Essa consideração é importante para nos perguntarmos sobre o que podemos
esperar da dialética hoje. E creio que seria o caso de partir da sua última configuração
histórica, a saber, a dialética negativa. Durante todo esse curso eu apresentei a vocês
alguns dispositivos de crítica desenvolvidos no interior da história contemporânea da
dialética. Eu quis mostrar como tais dispositivos continuavam operando, mas com
produtividades próprias vinculadas ao sistema de tarefas postas ao pensamento e à ação
em contextos históricos determinados. E quis também mostrar como a dialética desde
seu início era solidária da compreensão de que os sistemas de crises aos quais ela se
confrontava se desdobrava também como crise da linguagem filosófica, alguns dentre
nós, como Paulo Arantes, chegaram a entender isso como a necessidade de certa forma
de retração que nos faria operarmos, no máximo, com uma filosofia implícita, que não
encontra mais as condições para sua própria enunciação como tal. Uma decisão como
essa é indissociável da compreensão do sistema conexo entre crise social e crise da
própria linguagem filosófica enquanto horizonte pretensamente privilegiado para a
junção entre crítica e reflexão sobre as condições para a ação.
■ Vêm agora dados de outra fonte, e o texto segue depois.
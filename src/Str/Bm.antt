-- ===== src/Str/Bm.antt =====
-- src/str/bm.c: the search for a pattern in a text by Boyer and Moore. A pattern and a text are
-- functions from the offset to the byte; an int that may be -1 is kept as the number above it.
mod Tests
pub mod Suffixes
pub mod Shifts
pub mod GoodSuffix
pub mod BadChar
pub mod First
use nebase.Base.{
  ℕ, zero, suc, ◌+◌, ◌-◌, ◌==◌, ltb, leb, Bool, true, false, ◌&&◌, Option, none, some,
  if◌then◌else◌,
}
use nebase.Evdp.Source.{update}

-- MAX; the second value, which may be negative in the code, is 0 then, and the first is not less.
abbrev pub max_shift : ℕ → ℕ → ℕ
max_shift a b = if ltb b a then a else b

abbrev pub Bytes : Type 0
Bytes = ℕ → ℕ

-- preBmBc: the loop over the bytes before the last, `n` of them left.
pub bc_loop : Bytes → ℕ → ℕ → ℕ → (ℕ → ℕ) → ℕ → ℕ
bc_loop x m zero i bm_bc = bm_bc
bc_loop x m (suc n) i bm_bc = bc_loop x m n (i + 1) (update bm_bc (x i) (m - i - 1))

pub pre_bm_bc : Bytes → ℕ → ℕ → ℕ
unfolding bc_loop
pre_bm_bc x m = bc_loop x m (m - 1) 0 (λ c. m)

-- The while loop of suffixes, from `g + 1` down.
pub extend : Bytes → ℕ → ℕ → ℕ → ℕ
extend x m f zero = zero
extend x m f (suc g) =
    let rest = extend x m f g in if x g == x (g + (m - 1) - f) then rest else suc g

-- suffixes: the loop from `i + 1` down, with `f` and `g + 1`.
pub suffixes_loop : Bytes → ℕ → ℕ → ℕ → ℕ → (ℕ → ℕ) → ℕ → ℕ
unfolding extend
suffixes_loop x m zero f g1 suff = suff
suffixes_loop x m (suc i) f g1 suff =
    let copied = suff (i + (m - 1) - f) in
    let g2 = extend x m i (if leb g1 i then g1 else suc i) in
    if leb g1 i && ltb copied (suc i - g1)
    then suffixes_loop x m i f g1 (update suff i copied)
    else suffixes_loop x m i i g2 (update suff i (suc i - g2))

unfoldable pub suffixes : Bytes → ℕ → ℕ → ℕ
unfolding suffixes_loop
suffixes x m = suffixes_loop x m (m - 1) 0 m (update (λ i. 0) (m - 1) m)

-- The inner loop of the second loop of preBmGs, `n` rounds from `j`.
pub fill_to : ℕ → ℕ → ℕ → ℕ → (ℕ → ℕ) → ℕ → ℕ
fill_to m d zero j bm_gs = bm_gs
fill_to m d (suc n) j bm_gs =
    fill_to m d n (j + 1) (if bm_gs j == m then update bm_gs j d else bm_gs)

-- The second loop of preBmGs, from `i + 1` down.
pub border_loop : (ℕ → ℕ) → ℕ → ℕ → ℕ → (ℕ → ℕ) → ℕ → ℕ
unfolding fill_to
border_loop suff m zero j bm_gs = bm_gs
border_loop suff m (suc i) j bm_gs =
    let d = m - 1 - i in
    if suff i == suc i
    then border_loop suff m i (j + (d - j)) (fill_to m d (d - j) j bm_gs)
    else border_loop suff m i j bm_gs

-- The third loop of preBmGs, `n` rounds from `i`.
pub suffix_loop : (ℕ → ℕ) → ℕ → ℕ → ℕ → (ℕ → ℕ) → ℕ → ℕ
suffix_loop suff m zero i bm_gs = bm_gs
suffix_loop suff m (suc n) i bm_gs =
    suffix_loop suff m n (i + 1) (update bm_gs (m - 1 - suff i) (m - 1 - i))

unfoldable pub pre_bm_gs : Bytes → ℕ → ℕ → ℕ
unfolding suffixes border_loop suffix_loop
pre_bm_gs x m =
    let suff = suffixes x m in suffix_loop suff m (m - 1) 0 (border_loop suff m m 0 (λ j. m))

-- struct neb_str_bm_ctx
pub record BmCtx : Type 0 where
  pub pattern : Bytes
  pub pattern_len : ℕ
  pub bm_bc : ℕ → ℕ
  pub bm_gs : ℕ → ℕ

-- neb_str_bm_ctx_create, where malloc succeeds.
pub ctx_create : Bytes → ℕ → BmCtx
unfolding pre_bm_bc pre_bm_gs
ctx_create p pl = record {
  pattern = p;
  pattern_len = pl;
  bm_bc = pre_bm_bc p pl;
  bm_gs = pre_bm_gs p pl;
}

-- The for loop of the search, from `i + 1` down: 0 where all bytes are the same.
pub scan : Bytes → Bytes → ℕ → ℕ → ℕ
scan p t j zero = zero
scan p t j (suc i) = let rest = scan p t j i in if p i == t (i + j) then rest else suc i

-- The while loop of the search, with `fuel` rounds at most, none where they do not suffice.
pub search_loop : ℕ → BmCtx → Bytes → ℕ → ℕ → Option (Option ℕ)
unfolding scan
search_loop zero c t tl j = none
search_loop (suc fuel) c t tl j =
    let next = λ (i : ℕ).
      search_loop fuel c t tl
        (j + max_shift (c.bm_gs i) (c.bm_bc (t (i + j)) + 1 + i - c.pattern_len)) in
    if leb (j + c.pattern_len) tl
    then elim (scan c.pattern t j c.pattern_len) [ zero ↦ some (some j) | suc i ↦ next i ]
    else some none

-- neb_str_bm_ctx_search; the offset of the match, or none for NULL.
pub ctx_search : ℕ → BmCtx → Bytes → ℕ → Option (Option ℕ)
unfolding search_loop
ctx_search fuel c t tl = if ltb tl c.pattern_len then some none else search_loop fuel c t tl 0

-- neb_str_bm_search
unfoldable pub bm_search : ℕ → Bytes → ℕ → Bytes → ℕ → Option (Option ℕ)
unfolding search_loop pre_bm_gs pre_bm_bc
bm_search fuel p pl t tl =
    if ltb tl pl
    then some none
    else search_loop fuel
        (record { pattern = p; pattern_len = pl; bm_bc = pre_bm_bc p pl; bm_gs = pre_bm_gs p pl }) t
        tl 0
Mas eu gostaria de defender com vocês a tese de que nosso presente, em certa
medida, continua o diagnóstico social que originou a dialética negativa nos anos
sessenta, mas em outro ponto se diferencia dele por explicitar um horizonte de baixa
integração econômica e de alta integração psico-cultural. Isso consolida potencialidades
e problemas não completamente simétricos àqueles apontados pela dialética negativa,
embora o horizonte traçado por Adorno ainda seja, em larga medida, fundamental para
a orientação do pensamento e de seus desafios presentes. Nesse sentido, as pretensas
deficiências da dialética negativa apontadas pelas gerações posteriores da Escola de
Frankfurt são frutos de uma má-compreensão a respeito do horizonte potencial de crise
impulsionado pelas sociedades do capitalismo avançado. Ou seja, Adorno compreendeu
melhor do que seus “sucessores” o sentido Por isso, o diagnóstico adorniano guarda
atualidade extrema.
Um exemplo do que tenho em mente pode ser encontrado em Axel Honneth.
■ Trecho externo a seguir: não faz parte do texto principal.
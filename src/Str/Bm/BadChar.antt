-- ===== src/Str/Bm/BadChar.antt =====
-- The table of bad characters: preBmBc of src/str/bm.c.
use nebase.Base.{
  ℕ, zero, suc, ◌+◌, ◌-◌, ◌≤◌, ◌<◌, ◌==◌, ◌≡◌, arith, false, inl, inr, subst, Bool-cases,
}
use nebase.Evdp.Source.{update}
use nebase.Str.Bm.{Bytes, bc_loop, pre_bm_bc}

-- The table after the bytes before `i`.
record IsCharTable (x : Bytes) (m i : ℕ) (bc : ℕ → ℕ) : Type 0 where
  bound : (c : ℕ) → bc c ≤ m
  seen : (n : ℕ) → n < i → bc (x n) ≤ m - 1 - n

bc_step :
    (x : Bytes) (m i : ℕ) (bc : ℕ → ℕ)
    → IsCharTable x m i bc
    → IsCharTable x m (i + 1) (update bc (x i) (m - i - 1))
bc_step x m i bc w = record {
  bound = λ c. ground (arith, w.bound c);
  seen = λ n before. elim (Bool-cases (x n == x i)) [
    | inl same ↦ rw same (omega arith)
    | inr apart ↦ elim (Bool-cases (n == i)) [
      | inl at ↦
          let e : n ≡ i = ground arith in
          absurd (ground (arith, subst (λ n. (x n == x i) ≡ false) e apart))
      | inr old ↦ rw apart (w.seen n (ground arith))
    ]
  ];
}

bc_loop_lem :
    (x : Bytes) (m n i : ℕ) (bc : ℕ → ℕ)
    → n + i ≡ m - 1
    → IsCharTable x m i bc
    → IsCharTable x m (m - 1) (bc_loop x m n i bc)
unfolding bc_loop
bc_loop_lem x m zero i bc e w =
    let at : i ≡ m - 1 = omega arith in subst (λ i. IsCharTable x m i bc) at w
bc_loop_lem x m (suc n) i bc e w =
    bc_loop_lem x m n (i + 1) (update bc (x i) (m - i - 1)) (omega arith) (bc_step x m i bc w)

-- The entry of preBmBc for a byte is at most the pattern, and at most the distance to the end from
-- every place of the byte in the pattern before the last.
pub pre_bm_bc_lem :
    (x : Bytes) (m c : ℕ)
    → (pre_bm_bc x m c ≤ m) × ((n : ℕ) → n < m - 1 → x n ≡ c → pre_bm_bc x m c ≤ m - 1 - n)
unfolding pre_bm_bc
pre_bm_bc_lem x m c =
    let start : IsCharTable x m 0 (λ c. m) = record {
      bound = λ c. omega arith;
      seen = λ n before. absurd (omega arith);
    } in
    let w = bc_loop_lem x m (m - 1) 0 (λ c. m) (omega arith) start in
    (w.bound c, λ n lt e. subst (λ c. bc_loop x m (m - 1) 0 (λ c. m) c ≤ m - 1 - n) e (w.seen n lt))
Pois exemplar, neste sentido, é a defesa, feita por Axel Honneth, da social-democracia:
“Como uma fase do desenvolvimento das sociedades capitalistas que se caracteriza por
um número excepcional de progressos normativos”, isso a ponto de falar dos
“progressos morais da era social-democrata”185. A temática da regulação da crítica social
através de certa teoria do “progresso moral” estará presente nos desdobramentos
posteriores da Escola de Frankfurt. Entre outros, ela pressupõe que possamos falar em
“progresso” por acreditar que os modos de existência na sociedade capitalista, sob o
governo preferencial da social-democracia, estariam a realizar paulatinamente
exigências históricas de reconhecimento e emancipação. Uma proposição desta
natureza chega a assumir a necessidade de reconhecer “demandas de solidariedade
inerentes ao mercado” que constituiriam um horizonte regulador das relações
mercantis, já que estas não pressuporiam apenas o reconhecimento dos indivíduos
como parceiros em relações contratuais, mas também como: “participantes de uma
comunidade de cooperação (kooperierenden Gemeinwesens)”186.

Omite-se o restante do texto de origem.